In this Inspiring Stories episode of The Glucose Never Lies Podcast, John Pemberton speaks with Roger Moore and diabetes educator Robin Lucciantonio about how they refused to accept that limitation. Using the open-source Loop system with iPhone VoiceOver, a careful stepwise rollout (simulator → saline → insulin), and a handcrafted tactile pod-filling station, Roger achieved full autonomy with AID.
This conversation isn’t about technology alone. It’s about accessibility as a safety requirement, not a convenience feature — and what becomes possible when clinicians stay open-minded and systems are built around real people rather than default users.

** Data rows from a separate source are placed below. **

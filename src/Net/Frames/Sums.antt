-- ===== src/Net/Frames/Sums.antt =====
-- The checksums and lengths in the frames of src/network/net.c.
use wnu.Prelude.{ℕ, ◌≡◌, refl, some, List, [], ◌∷◌, ◌++◌, length, take, drop}
use wnu.Net.{checksum, sum_words, fold_carries}
use wnu.Net.Frames.{Mac, mac_bytes, echo_frame, udp_frame, ip_header, icmp_echo, word16}

abbrev pub ip_part : List ℕ → List ℕ
ip_part frame = drop 14 frame

-- An IPv4 frame between two stations: its total length is what follows the Ethernet header, and its
-- header's checksum is right.
pub record IsIpFrame (dst src : Mac) (frame : List ℕ) : Type 0 where
  addressed : take 12 frame ≡ mac_bytes dst ++ mac_bytes src
  ethernet_type : take 2 (drop 12 frame) ≡ 0x08 ∷ 0x00 ∷ []
  total_length : take 2 (drop 2 (ip_part frame)) ≡ word16 (length (ip_part frame))
  header_sum : checksum (take 20 (ip_part frame)) ≡ some 0

-- Whatever the two addresses are, the echo request and the UDP packet are sent between them, with
-- their lengths and checksums right: the checksums of the two IP headers and of the ICMP message
-- are 0, and the lengths in the IP headers and the UDP header are those of what the frame holds.
pub frames_verify :
    (local_mac gateway_mac : Mac)
    → IsIpFrame gateway_mac local_mac (echo_frame local_mac gateway_mac)
      × IsIpFrame gateway_mac local_mac (udp_frame local_mac gateway_mac)
      × (checksum (drop 20 (ip_part (echo_frame local_mac gateway_mac))) ≡ some 0)
      × (take 2 (drop 24 (ip_part (udp_frame local_mac gateway_mac)))
          ≡ word16 (length (drop 20 (ip_part (udp_frame local_mac gateway_mac)))))
unfolding echo_frame udp_frame ip_header icmp_echo checksum sum_words fold_carries
frames_verify local_mac gateway_mac = (
  record { addressed = refl; ethernet_type = refl; total_length = refl; header_sum = refl },
  record { addressed = refl; ethernet_type = refl; total_length = refl; header_sum = refl },
  refl,
  refl,
)
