-- ===== src/Net/Protocol/Requests.antt =====
-- The requests of src/network/net.c: what becomes of a ping and of a UDP test.
use Prim.Native.Nat.{bit_and, bit_or}
use wnu.Prelude.{
  ℕ, ◌+◌, ◌*◌, ◌^◌, ◌%◌, ◌≤◌, ◌≡◌, refl, ◌∙◌, Bool, true, false, not, ◌&&◌, ◌||◌, List, [], ◌∷◌,
  ◌==◌, ltb, leb, if◌then◌else◌, get_or, arith, Bool-cases, inl, inr,
}
use wnu.Mem.{Bytes, slice}
use wnu.Str.{Str}
use wnu.Net.Frames.{Mac, echo_frame, udp_frame, arp_request_frame, ip_header, gateway_ip, local_ip}
use wnu.Net.Protocol.{
  Event, sent, printed, serial, Net, call, send_icmp_echo, send_udp_packet, send_arp_request,
  send_pending_icmp, send_pending_udp, request_gateway_mac, handle_arp, handle_ipv4, handle_packet,
  ip_equal, mac_at, mac_text,
}

-- The frames of an IP protocol, by the bytes that name it.
abbrev pub is_of_protocol : ℕ → List ℕ → Bool
is_of_protocol protocol frame =
    (get_or frame 12 0 == 0x08) && (get_or frame 13 0 == 0x00) && (get_or frame 23 0 == protocol)

abbrev pub bit : Bool → ℕ
bit b = if b then 1 else 0

-- How many frames of a protocol have been sent.
abbrev pub count : ℕ → List Event → ℕ
count protocol [] = 0
count protocol (sent frame ∷ events) = bit (is_of_protocol protocol frame) + count protocol events
count protocol (printed text ∷ events) = count protocol events
count protocol (serial text ∷ events) = count protocol events

abbrev pub icmp : ℕ
icmp = 1

abbrev pub udp : ℕ
udp = 17

-- With the address known nothing waits.
pub record IsQuiet (s : Net) : Type 0 where
  pub quiet : s.gateway_mac_ready ≡ true → (s.pending_icmp ≡ false) × (s.pending_udp ≡ false)

-- What a step does that asks for `more_icmp` echo requests and `more_udp` packets: each is sent or
-- waits afterwards, what waited does so too, and nothing else is sent.
pub record Steps (more_icmp more_udp : ℕ) (s t : Net) : Type 0 where
  pub quiet : IsQuiet t
  pub asked_icmp : count icmp s.events + more_icmp ≤ count icmp t.events + bit t.pending_icmp
  pub kept_icmp :
      count icmp s.events + bit s.pending_icmp ≤ count icmp t.events + bit t.pending_icmp
  pub no_more_icmp :
      count icmp t.events + bit t.pending_icmp
      ≤ count icmp s.events + bit s.pending_icmp + more_icmp
  pub asked_udp : count udp s.events + more_udp ≤ count udp t.events + bit t.pending_udp
  pub kept_udp : count udp s.events + bit s.pending_udp ≤ count udp t.events + bit t.pending_udp
  pub no_more_udp :
      count udp t.events + bit t.pending_udp ≤ count udp s.events + bit s.pending_udp + more_udp

-- The frames of the two kinds that were sent and that wait.
pub record Sends (s t : Net) (icmp_sent icmp_waits udp_sent udp_waits : ℕ) : Type 0 where
  pub ready : t.gateway_mac_ready ≡ s.gateway_mac_ready
  pub icmps : count icmp t.events ≡ count icmp s.events + icmp_sent
  pub icmp_left : bit t.pending_icmp ≡ icmp_waits
  pub udps : count udp t.events ≡ count udp s.events + udp_sent
  pub udp_left : bit t.pending_udp ≡ udp_waits

bit_zero : (b : Bool) → bit b ≡ 0 → b ≡ false
bit_zero b h = ground arith

Steps-if :
    {m n : ℕ} {s : Net} (b : Bool) (x y : Net)
    → (b ≡ true → Steps m n s x)
    → (b ≡ false → Steps m n s y)
    → Steps m n s (if b then x else y)
Steps-if true x y f g = f refl
Steps-if false x y f g = g refl

module _ (local_mac : Mac) where
  Sends-send_pending_icmp :
      (s : Net)
      → Sends s (send_pending_icmp local_mac s) (bit s.pending_icmp) 0 0 (bit s.pending_udp)
  unfolding send_pending_icmp send_icmp_echo echo_frame ip_header
  Sends-send_pending_icmp s = elim (Bool-cases s.pending_icmp) [
    | inl e ↦ rw e (record {
      ready = refl;
      icmps = omega arith;
      icmp_left = refl;
      udps = omega arith;
      udp_left = refl;
    })
    | inr e ↦ rw e (record {
      ready = refl;
      icmps = omega arith;
      icmp_left = refl;
      udps = omega arith;
      udp_left = refl;
    })
  ]

  Sends-send_pending_udp :
      (s : Net)
      → Sends s (send_pending_udp local_mac s) 0 (bit s.pending_icmp) (bit s.pending_udp) 0
  unfolding send_pending_udp send_udp_packet udp_frame ip_header
  Sends-send_pending_udp s = elim (Bool-cases s.pending_udp) [
    | inl e ↦ rw e (record {
      ready = refl;
      icmps = omega arith;
      icmp_left = refl;
      udps = omega arith;
      udp_left = refl;
    })
    | inr e ↦ rw e (record {
      ready = refl;
      icmps = omega arith;
      icmp_left = refl;
      udps = omega arith;
      udp_left = refl;
    })
  ]

  pub Sends-both :
      (s : Net)
      → Sends s
          (send_pending_udp local_mac (send_pending_icmp local_mac s))
          (bit s.pending_icmp)
          0
          (bit s.pending_udp)
          0
  Sends-both s =
      let first = Sends-send_pending_icmp s in
      let second = Sends-send_pending_udp (send_pending_icmp local_mac s) in
      record {
        ready = second.ready ∙ first.ready;
        icmps = omega (arith, first.icmps, second.icmps);
        icmp_left = second.icmp_left ∙ first.icmp_left;
        udps = omega (arith, first.udps, first.udp_left, second.udps);
        udp_left = second.udp_left;
      }

  -- What waits is sent, with the address known.
  Steps-both :
      (s t : Net) (more_icmp more_udp : ℕ)
      → count icmp t.events ≡ count icmp s.events
      → count udp t.events ≡ count udp s.events
      → more_icmp ≤ bit t.pending_icmp
      → more_udp ≤ bit t.pending_udp
      → bit s.pending_icmp ≤ bit t.pending_icmp
      → bit s.pending_udp ≤ bit t.pending_udp
      → bit t.pending_icmp ≤ bit s.pending_icmp + more_icmp
      → bit t.pending_udp ≤ bit s.pending_udp + more_udp
      → Steps more_icmp more_udp s (send_pending_udp local_mac (send_pending_icmp local_mac t))
  Steps-both s t more_icmp more_udp icmps udps a b c d e f =
      let h = Sends-both t in
      record {
        quiet = record { quiet = λ _. (bit_zero _ h.icmp_left, bit_zero _ h.udp_left) };
        asked_icmp = omega (arith, h.icmps, h.icmp_left);
        kept_icmp = omega (arith, h.icmps, h.icmp_left);
        no_more_icmp = omega (arith, h.icmps, h.icmp_left);
        asked_udp = omega (arith, h.udps, h.udp_left);
        kept_udp = omega (arith, h.udps, h.udp_left);
        no_more_udp = omega (arith, h.udps, h.udp_left);
      }

  pub Steps-request_gateway_mac :
      (want_icmp want_udp : Bool) (s : Net)
      → Steps (bit want_icmp) (bit want_udp) s (request_gateway_mac local_mac want_icmp want_udp s)
  unfolding request_gateway_mac send_arp_request arp_request_frame
  Steps-request_gateway_mac want_icmp want_udp s =
      Steps-if s.gateway_mac_ready _ _
        (λ _.
          Steps-both s
            (record s {
              pending_icmp = s.pending_icmp || want_icmp;
              pending_udp = s.pending_udp || want_udp;
            })
            (bit want_icmp) (bit want_udp) refl refl (ground arith) (ground arith) (ground arith)
            (ground arith) (ground arith) (ground arith))
        λ unknown. record {
          quiet = record { quiet = λ known. absurd (cc) };
          asked_icmp = ground arith;
          kept_icmp = ground arith;
          no_more_icmp = ground arith;
          asked_udp = ground arith;
          kept_udp = ground arith;
          no_more_udp = ground arith;
        }

  Steps-same : (s : Net) (e : Str) → IsQuiet s → Steps 0 0 s s × Steps 0 0 s (call s (printed e))
  Steps-same s e q = (
    record {
      quiet = q;
      asked_icmp = omega arith;
      kept_icmp = omega arith;
      no_more_icmp = omega arith;
      asked_udp = omega arith;
      kept_udp = omega arith;
      no_more_udp = omega arith;
    },
    record {
      quiet = record { quiet = q.quiet };
      asked_icmp = omega arith;
      kept_icmp = omega arith;
      no_more_icmp = omega arith;
      asked_udp = omega arith;
      kept_udp = omega arith;
      no_more_udp = omega arith;
    },
  )

  Steps-handle_arp :
      (packet : Bytes) (s : Net) → IsQuiet s → Steps 0 0 s (handle_arp local_mac packet s)
  unfolding handle_arp
  Steps-handle_arp packet s q =
      let stays = (Steps-same s [] q).0 in
      let mac = mac_at packet 22 in
      let opcode = bit_or (packet 20 * 2 ^ 8) (packet 21) in
      Steps-if (not (opcode == 2)) _ _ (λ _. stays)
        λ _.
          Steps-if
            (ip_equal (slice packet 28 4) gateway_ip && ip_equal (slice packet 38 4) local_ip) _ _
            (λ _.
              Steps-both s
                (call (record s { gateway_mac = mac; gateway_mac_ready = true })
                  (printed (mac_text mac)))
                0 0 refl refl (omega arith) (omega arith) (omega arith) (omega arith) (omega arith)
                (omega arith))
            λ _. stays

  Steps-handle_ipv4 :
      (packet : Bytes) (len : ℕ) (s : Net)
      → IsQuiet s
      → Steps 0 0 s (handle_ipv4 local_mac packet len s)
  unfolding handle_ipv4
  Steps-handle_ipv4 packet len s q =
      let stays = (Steps-same s [] q).0 in
      let told : (text : Str) → Steps 0 0 s (call s (printed text)) =
        λ text. (Steps-same s text q).1 in
      let ihl = bit_and (packet 14) 0x0f * 4 % 256 in
      Steps-if (ltb len (14 + 20)) _ _ (λ _. stays)
        λ _.
          Steps-if (not (ip_equal (slice packet 30 4) local_ip)) _ _ (λ _. stays)
            λ _.
              Steps-if (ltb len (14 + ihl)) _ _ (λ _. stays)
                λ _.
                  Steps-if (packet 23 == 1) _ _
                    (λ _.
                      Steps-if (ltb len (14 + ihl + 8)) _ _ (λ _. stays)
                        λ _. Steps-if (packet (14 + ihl) == 0) _ _ (λ _. told _) λ _. stays)
                    λ _. Steps-if (packet 23 == 17) _ _ (λ _. told _) λ _. stays

  pub Steps-handle_packet :
      (packet : Bytes) (len : ℕ) (s : Net)
      → IsQuiet s
      → Steps 0 0 s (handle_packet local_mac packet len s)
  unfolding handle_packet
  Steps-handle_packet packet len s q =
      let stays = (Steps-same s [] q).0 in
      let eth_type = bit_or (packet 12 * 2 ^ 8) (packet 13) in
      Steps-if (ltb len 14) _ _ (λ _. stays)
        λ _.
          Steps-if (eth_type == 0x0806 && leb 42 len) _ _ (λ _. Steps-handle_arp packet s q)
            λ _.
              Steps-if (not (eth_type == 0x0800)) _ _ (λ _. stays)
                λ _. Steps-handle_ipv4 packet len s q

Read the full episode page and see the setup:
https://theglucoseneverlies.com/looping-blind/
What this episode covers
- Living with type 1 diabetes without visual feedback
- Why most commercial AID systems are inaccessible without sight
- Using Loop and VoiceOver for non-visual insulin delivery
- Simulator and saline trials to reduce risk before going live
- Designing a tactile pod-filling station for safe, repeatable insulin delivery
- Outcomes that matter: reduced hypoglycaemia, autonomy, and dignity
Disclaimer
This content is for informational purposes only and does not constitute medical advice. It does not create a therapeutic relationship. DIY automated insulin delivery systems carry real risks and require appropriate training, oversight, and contingency planning.